Saved data entries:
•••••
-- ===== src/Reservation/Reserve.antt =====
-- Reservations in general: records of some kind, active or not, whose items list assets. Shipments
-- and deployments are the two kinds. How each statement on the two tables changes who holds what.
use mathlib.Core.Option
use feature_asset_inventory.Base.{
  ℕ, ◌≡◌, ◌⊎◌, inl, inr, Bool, true, false, ◌&&◌, ◌||◌, not, Option, none, some, List, [], ◌∷◌,
  ◌++◌, arith, ◌==◌, if◌then◌else◌, is_some, any, first, select, any-append, map, Option-cases,
}
use feature_asset_inventory.Store.Table.{
  Row, get_row, put_row, drop_row, get_row-put_row, get_row-insert, get_row-drop_row, first-none,
  id_of-get_row, get_row-map, IsKeyed, put_row-IsKeyed, insert-IsKeyed, drop_row-IsKeyed,
  map-IsKeyed,
}
use feature_asset_inventory.Reservation.Exclusive.{Exclusive, Exclusive-shrink, Exclusive-grow}

-- A kind of record that reserves assets, by its items.
pub record Reserving (R I : Type 0) : Type 0 where
  pub is_active : R → Bool
  pub owner : I → ℕ
  pub asset : I → ℕ

module _ {R I : Type 0} (kind : Reserving R I) where
  -- The join of a record with its items, at one asset.
  unfoldable pub lists : List I → ℕ → ℕ → Bool
  lists items i a = any (λ x. kind.owner x == i && kind.asset x == a) items

  abbrev pub active : Option R → Bool
  active none = false
  active (some r) = kind.is_active r

module _ {R I : Type 0} ⦃row : Row R⦄ (kind : Reserving R I) where
  -- The record is there and active, and the asset is among its items.
  unfoldable pub holds : List R → List I → ℕ → ℕ → Bool
  holds rows items i a = active kind (get_row i rows) && lists kind items i a

  -- The keys tell the records apart, every item belongs to a record that is there, and no asset is
  -- on two active records.
  pub record IsReserved (rows : List R) (items : List I) : Type 0 where
    pub keyed : IsKeyed rows
    pub known : (i a : ℕ) → lists kind items i a ≡ true → is_some (get_row i rows) ≡ true
    pub exclusive : Exclusive (holds rows items)

module _ {R I : Type 0} ⦃row : Row R⦄ ⦃item_row : Row I⦄ (kind : Reserving R I) where
  -- A record's row is rewritten and does not become active.
  pub put-IsReserved :
      (r : R) (rows : List R) (items : List I)
      → (kind.is_active r ≡ true → active kind (get_row (row.id_of r) rows) ≡ true)
      → IsReserved kind rows items
      → IsReserved kind (put_row r rows) items
  unfolding holds
  put-IsReserved r rows items keep v = record {
    keyed = put_row-IsKeyed r rows v.keyed;
    known = λ i a h. ground (arith, v.known i a h, get_row-put_row i r rows);
    exclusive =
        Exclusive-shrink (holds kind rows items) _
          (λ i a h. ground (arith, get_row-put_row i r rows, keep)) v.exclusive;
  }

  -- Items go.
  pub fewer-IsReserved :
      (rows : List R) (items fewer : List I)
      → ((i a : ℕ) → lists kind fewer i a ≡ true → lists kind items i a ≡ true)
      → IsReserved kind rows items
      → IsReserved kind rows fewer
  unfolding holds
  fewer-IsReserved rows items fewer less v = record {
    keyed = v.keyed;
    known = λ i a h. v.known i a (less i a h);
    exclusive =
        Exclusive-shrink (holds kind rows items) _ (λ i a h. ground (arith, less i a)) v.exclusive;
  }

  lists-select :
      (k i a : ℕ) (items : List I)
      → lists kind (select (λ x. not (kind.owner x == k)) items) i a
        ≡ (if i == k then false else lists kind items i a)
  unfolding lists any select
  lists-select k i a [] = ground arith
  lists-select k i a (x ∷ items) = ground (arith, lists-select k i a items)

  -- A record goes with its items.
  pub drop-IsReserved :
      (k : ℕ) (rows : List R) (items : List I)
      → IsReserved kind rows items
      → IsReserved kind (drop_row k rows) (select (λ x. not (kind.owner x == k)) items)
  unfolding holds
  drop-IsReserved k rows items v = record {
    keyed = drop_row-IsKeyed k rows v.keyed;
    known =
        λ i a h. ground (arith, lists-select k i a items, get_row-drop_row i k rows, v.known i a);
    exclusive =
        Exclusive-shrink (holds kind rows items) _
          (λ i a h. ground (arith, lists-select k i a items, get_row-drop_row i k rows))
          v.exclusive;
  }

  lists-drop_row :
      (k i a : ℕ) (items : List I)
      → lists kind (drop_row k items) i a ≡ true
      → lists kind items i a ≡ true
  unfolding lists any drop_row
  lists-drop_row k i a [] h = h
  lists-drop_row k i a (x ∷ items) h = ground (arith, lists-drop_row k i a items)

  -- One item goes.
  pub drop_item-IsReserved :
      (k : ℕ) (rows : List R) (items : List I)
      → IsReserved kind rows items
      → IsReserved kind rows (drop_row k items)
  drop_item-IsReserved k rows items =
      fewer-IsReserved rows items (drop_row k items) (λ i a. lists-drop_row k i a items)

  -- The items of one asset on one record go.
  pub lists-without :
      (k b i a : ℕ) (items : List I)
      → lists kind (select (λ x. not (kind.owner x == k && kind.asset x == b)) items) i a
        ≡ (if i == k && a == b then false else lists kind items i a)
  unfolding lists any select
  lists-without k b i a [] = ground arith
  lists-without k b i a (x ∷ items) = ground (arith, lists-without k b i a items)

  pub lists-append :
      (x : I) (i a : ℕ) (items : List I)
      → lists kind (items ++ x ∷ []) i a
        ≡ (lists kind items i a || (kind.owner x == i && kind.asset x == a))
  unfolding lists any
  lists-append x i a items =
      ground (arith, any-append (λ (y : I). kind.owner y == i && kind.asset y == a) items (x ∷ []))

  -- What a search for another active record tells when it finds nothing.
  pub first-none_free :
      (a : ℕ) (allowed : R → Bool) (rows : List R) (items : List I)
      → first (λ r. lists kind items (row.id_of r) a && kind.is_active r && allowed r) rows ≡ none
      → (j : ℕ) {r : R} → get_row j rows ≡ some r
      → holds kind rows items j a ≡ true
      → allowed r ≡ false
  unfolding holds
  first-none_free a allowed rows items h j {r} e held = ground (
    arith,
    id_of-get_row j rows e,
    first-none (λ (r : R). lists kind items (row.id_of r) a && kind.is_active r && allowed r) j rows
        h e,
  )

module _ {R I : Type 0} ⦃row : Row R⦄ (kind : Reserving R I) where
  -- Rows are rewritten, and each keeps its key and whether it is active.
  pub map-IsReserved :
      (f : R → R)
      → ((r : R) → row.id_of (f r) ≡ row.id_of r)
      → ((r : R) → kind.is_active (f r) ≡ kind.is_active r)
      → (rows : List R) (items : List I) → IsReserved kind rows items
      → IsReserved kind (map f rows) items
  unfolding holds
  map-IsReserved f same keeps rows items v = record {
    keyed = map-IsKeyed f same rows v.keyed;
    known = λ i a h. rw (get_row-map f same i rows) (there i (v.known i a h));
    exclusive =
        Exclusive-shrink (holds kind rows items) _
          (λ i a h. held i a (rw (get_row-map f same i rows) at h)) v.exclusive;
  }
    where
      there :
          (i : ℕ) → is_some (get_row i rows) ≡ true → is_some (Option.map f (get_row i rows)) ≡ true
      there i h = ground arith

      held :
          (i a : ℕ)
          → (active kind (Option.map f (get_row i rows)) && lists kind items i a) ≡ true
          → (active kind (get_row i rows) && lists kind items i a) ≡ true
      held i a h = elim (Option-cases (get_row i rows)) [
        | inl e ↦ ground arith
        | inr (r, e) ↦ ground (arith, keeps r)
      ]

  -- A record that joins the table takes nothing from the others.
  pub holds-insert :
      (r : R) (rows : List R) (items : List I) (j a : ℕ)
      → holds kind rows items j a ≡ true
      → holds kind (rows ++ r ∷ []) items j a ≡ true
  unfolding holds
  holds-insert r rows items j a h = ground (arith, get_row-insert j r rows)

-- The record `k` gains the assets for which `gained` holds.
module _ {R I : Type 0} ⦃row : Row R⦄ (kind : Reserving R I) (k : ℕ) (gained : ℕ → Bool)
    (rows : List R) (items more : List I)
    (grows : (i a : ℕ) → lists kind more i a ≡ (lists kind items i a || (k == i && gained a)))
    (free : (a : ℕ) → gained a ≡ true → (j : ℕ) → holds kind rows items j a ≡ true → j ≡ k)
    (v : IsReserved kind rows items) where
  -- The record is there already.
  pub grow-IsReserved : is_some (get_row k rows) ≡ true → IsReserved kind rows more
  unfolding holds
  grow-IsReserved there = record {
    keyed = v.keyed;
    known = λ i a h. ground (arith, v.known i a, grows i a);
    exclusive =
        Exclusive-grow (holds kind rows items) _ k gained (λ i a h. ground (arith, grows i a))
          (λ j a m h. free a m j h) v.exclusive;
  }

  insert-gains :
      (r : R)
      → row.id_of r ≡ k
      → get_row k rows ≡ none
      → (i a : ℕ) → holds kind (rows ++ r ∷ []) more i a ≡ true
      → (holds kind rows items i a ≡ true) ⊎ ((i ≡ k) × (gained a ≡ true))
  unfolding holds
  insert-gains r e new i a h = ground (arith, v.known i a, get_row-insert i r rows, grows i a)

  -- The record is new.
  pub insert-IsReserved :
      (r : R) → row.id_of r ≡ k → get_row k rows ≡ none → IsReserved kind (rows ++ r ∷ []) more
  unfolding holds
  insert-IsReserved r e new = record {
    keyed = insert-IsKeyed r rows (rw e new) v.keyed;
    known = λ i a h. ground (arith, v.known i a, get_row-insert i r rows, grows i a);
    exclusive =
        Exclusive-grow (holds kind rows items) _ k gained (insert-gains r e new)
          (λ j a m h. free a m j h) v.exclusive;
  }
•••••
What to work on: Starting at the line with "-- The record is there already.", copy every line up to and including the last one in the entries above.

Reply to the exercise:
  -- The record is there already.
  pub grow-IsReserved : is_some (get_row k rows) ≡ true → IsReserved kind rows more
  unfolding holds
  grow-IsReserved there = record {
    keyed = v.keyed;
    known = λ i a h. ground (arith, v.known i a, grows i a);
    exclusive =
        Exclusive-grow (holds kind rows items) _ k gained (λ i a h. ground (arith, grows i a))
          (λ j a m h. free a m j h) v.exclusive;
  }

  insert-gains :
      (r : R)
      → row.id_of r ≡ k
      → get_row k rows ≡ none
      → (i a : ℕ) → holds kind (rows ++ r ∷ []) more i a ≡ true
      → (holds kind rows items i a ≡ true) ⊎ ((i ≡ k) × (gained a ≡ true))
  unfolding holds
  insert-gains r e new i a h = ground (arith, v.known i a, get_row-insert i r rows, grows i a)

  -- The record is new.
  pub insert-IsReserved :
      (r : R) → row.id_of r ≡ k → get_row k rows ≡ none → IsReserved kind (rows ++ r ∷ []) more
  unfolding holds
  insert-IsReserved r e new = record {
    keyed = insert-IsKeyed r rows (rw e new) v.keyed;
    known = λ i a h. ground (arith, v.known i a, get_row-insert i r rows, grows i a);
    exclusive =
        Exclusive-grow (holds kind rows items) _ k gained (insert-gains r e new)
          (λ j a m h. free a m j h) v.exclusive;
  }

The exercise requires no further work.